The Emerging Church is a current Christian movement that seeks to effectively evaluate its surrounding culture and in response make changes in the organization, strategy, and practice of the church to effectively meet the spiritual needs of individuals both Christian and non-Christian.  Initial hints of the movement showed in New Zealand about 20 years ago (Wikipedia), and the emergent philosophy and practice soon started making an impact in the United States.  By the late 1990’s and early years of the new millennium, emergent leaders formed their perspectives, resulting in books such as “The Church on the Other Side”, and “A New Kind of Christian”, both written by Brian McLaren, who is to date the prominent voice for the emerging church in the United States.  Other prominent leaders in the movement include Tony Jones, Rob Bell, Doug Pagitt, Spencer Burke, and Dan Kimball(DeYoung, Kluck, 18), to name a few.  Although these men do seem to represent much of the emerging church, there are also many differences in their beliefs and their focus in ministry.  For instance, there is in fact a difference between the emerging movement and the official emergent community, which is led by Tony Jones (DeYoung, Kluck, 16).  In part, this difference testifies to the emerging church as a fluid, multi-faceted movement whose beliefs and practice vary.  Therefore it is often on a situational basis, from leader to leader or church to church, that an understanding can be reached of how “emerging” can be translated or interpreted.  As Kevin DeYoung describes it in his book “Why We’re Not Emergent”, co-authored by Ted Kluck, “Defining the emerging church is like nailing Jell-O to the wall. The “what” and “who” of the movement are almost impossible to define” (DeYoung, 16-17).  Simply put, the emerging movement is difficult to define precisely because of the fact that it is emerging.

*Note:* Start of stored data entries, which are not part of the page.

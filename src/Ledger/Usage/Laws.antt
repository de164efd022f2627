-- ===== src/Ledger/Usage/Laws.antt =====
-- Every model call is charged, and charged once.
use qwen_autonomous_supervis.Prelude.{
  String, ◌≡◌, refl, ap, ◌∙◌, true, false, Option, none, some, List, [], ◌∷◌, ◌&&◌, ◌||◌, not,
  select, All, Bool-cases, inl, inr,
}
use qwen_autonomous_supervis.Prelude.Int.{ℤ}
use qwen_autonomous_supervis.Json.{Fields, as_object}
use qwen_autonomous_supervis.Ledger.Events.{Event}
use qwen_autonomous_supervis.Ledger.Usage.{
  UsageQuery, is_row, is_model_usage, role_of, has_model_role, is_charged, charge_rows,
  usage_totals, at_least_sum, fields_test,
}

-- Rows that are charged alike over two tables make the same totals.
pub charge_rows-agree :
    (issue : Option ℤ) (all more rows : List Event)
    → All (λ r. is_charged issue more r ≡ is_charged issue all r) rows
    → charge_rows issue more rows ≡ charge_rows issue all rows
unfolding charge_rows
charge_rows-agree issue all more [] same = refl
charge_rows-agree issue all more (e ∷ es) same =
    rw (same.0, charge_rows-agree issue all more es same.1) refl

has_model_role-older :
    (e : Event) (all : List Event) (t : Option String) (r : String)
    → is_model_usage e ≡ false
    → has_model_role t r (e ∷ all) ≡ has_model_role t r all
unfolding has_model_role
has_model_role-older e all t r h = rw h refl

is_charged-older :
    (e r : Event) (all : List Event)
    → is_model_usage e ≡ false
    → is_charged none (e ∷ all) r ≡ is_charged none all r
unfolding is_charged
is_charged-older e r all h = split (as_object r.payload)
  where
    split :
        (o : Option Fields)
        → fields_test o (λ fs.
          (is_model_usage r || not (has_model_role r.tick_id (role_of r fs) (e ∷ all))) && true)
          ≡ fields_test o (λ fs.
            (is_model_usage r || not (has_model_role r.tick_id (role_of r fs) all)) && true)
    split none = refl
    split (some fs) = rw (has_model_role-older e all r.tick_id (role_of r fs) h) refl

every_row : {P : Event → Type 0} (rows : List Event) → ((r : Event) → P r) → All P rows
every_row [] h = tt
every_row (e ∷ es) h = (h e, every_row es h)

-- The role whose call the event reports.
abbrev pub role_in : Event → String
role_in e = elim (as_object e.payload) [ none ↦ "" | some fs ↦ role_of e fs ]

is_charged_self :
    (e : Event) (rows : List Event)
    → is_model_usage e ≡ false
    → has_model_role e.tick_id (role_in e) rows ≡ true
    → is_charged none (e ∷ rows) e ≡ false
unfolding is_charged
is_charged_self e rows older charged =
    is_charged-older e e rows older ∙ split (as_object e.payload) charged
  where
    split :
        (o : Option Fields)
        → has_model_role e.tick_id (elim o [ none ↦ "" | some fs ↦ role_of e fs ]) rows ≡ true
        → fields_test o
            (λ fs. (is_model_usage e || not (has_model_role e.tick_id (role_of e fs) rows)) && true)
          ≡ false
    split none c = refl
    split (some fs) c = rw (c, older) refl

charge_rows-skip :
    (e : Event) (rows : List Event)
    → is_model_usage e ≡ false
    → has_model_role e.tick_id (role_in e) rows ≡ true
    → charge_rows none (e ∷ rows) (e ∷ rows) ≡ charge_rows none rows rows
unfolding charge_rows
charge_rows-skip e rows older charged = rw (is_charged_self e rows older charged) (
    charge_rows-agree none rows (e ∷ rows) rows
      (every_row rows (λ r. is_charged-older e r rows older)))

-- A call that a `model_usage` event has charged is not charged again by the event of its completion:
-- in a query that reads the first and is for no issue, an event of an older kind, of the same tick and
-- role, changes no total.
pub usage_totals-older :
    (q : UsageQuery) (e : Event) (es : List Event)
    → q.issue_number ≡ none
    → is_model_usage e ≡ false
    → has_model_role e.tick_id (role_in e) (select (is_row q) es) ≡ true
    → usage_totals q (e ∷ es) ≡ usage_totals q es
unfolding usage_totals
usage_totals-older q e es free older charged = elim (Bool-cases (is_row q e)) [
  | inr out ↦ rw out refl
  | inl in_query ↦
      rw in_query
        (simp free (ap at_least_sum (charge_rows-skip e (select (is_row q) es) older charged)))
]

Thankfully though, the majority of the community has taken enough shape to be generally evaluated as a whole.  There are three major points that seems to define the emerging community.

Firstly, this “conversation”, as emergent leaders would call it (Carson, 9), focuses on bringing reformation to the evangelical church’s modernistic beliefs and practices to meet the postmodern culture.  The emergent movement would say that it calls for the church to move away from its doctrinal absolutism, “in or out” perspective, and unflinching walls in its relationship with culture, non-believers, and other religions.  This cultural shift (from modernism to postmodernism) that emergent leaders believe we should meet comes down to a change in epistemology (Carson, 27), which, as defined by www.Dictionary.com, is “The theory or science of the method or grounds of knowledge.” While modernism would search for and focus on absolutes, certainty, “unquestionable foundations”, “truth versus error”, Christian postmodernism acts in the light that almost everything we know is shaped by our culture’s perception, focusing on discussion, questioning and probing our beliefs, and the journey and experience of the Christian life. It is on this assertion of the importance of moving to a postmodern approach to Christianity that majority of the emerging church’s arguments are built from.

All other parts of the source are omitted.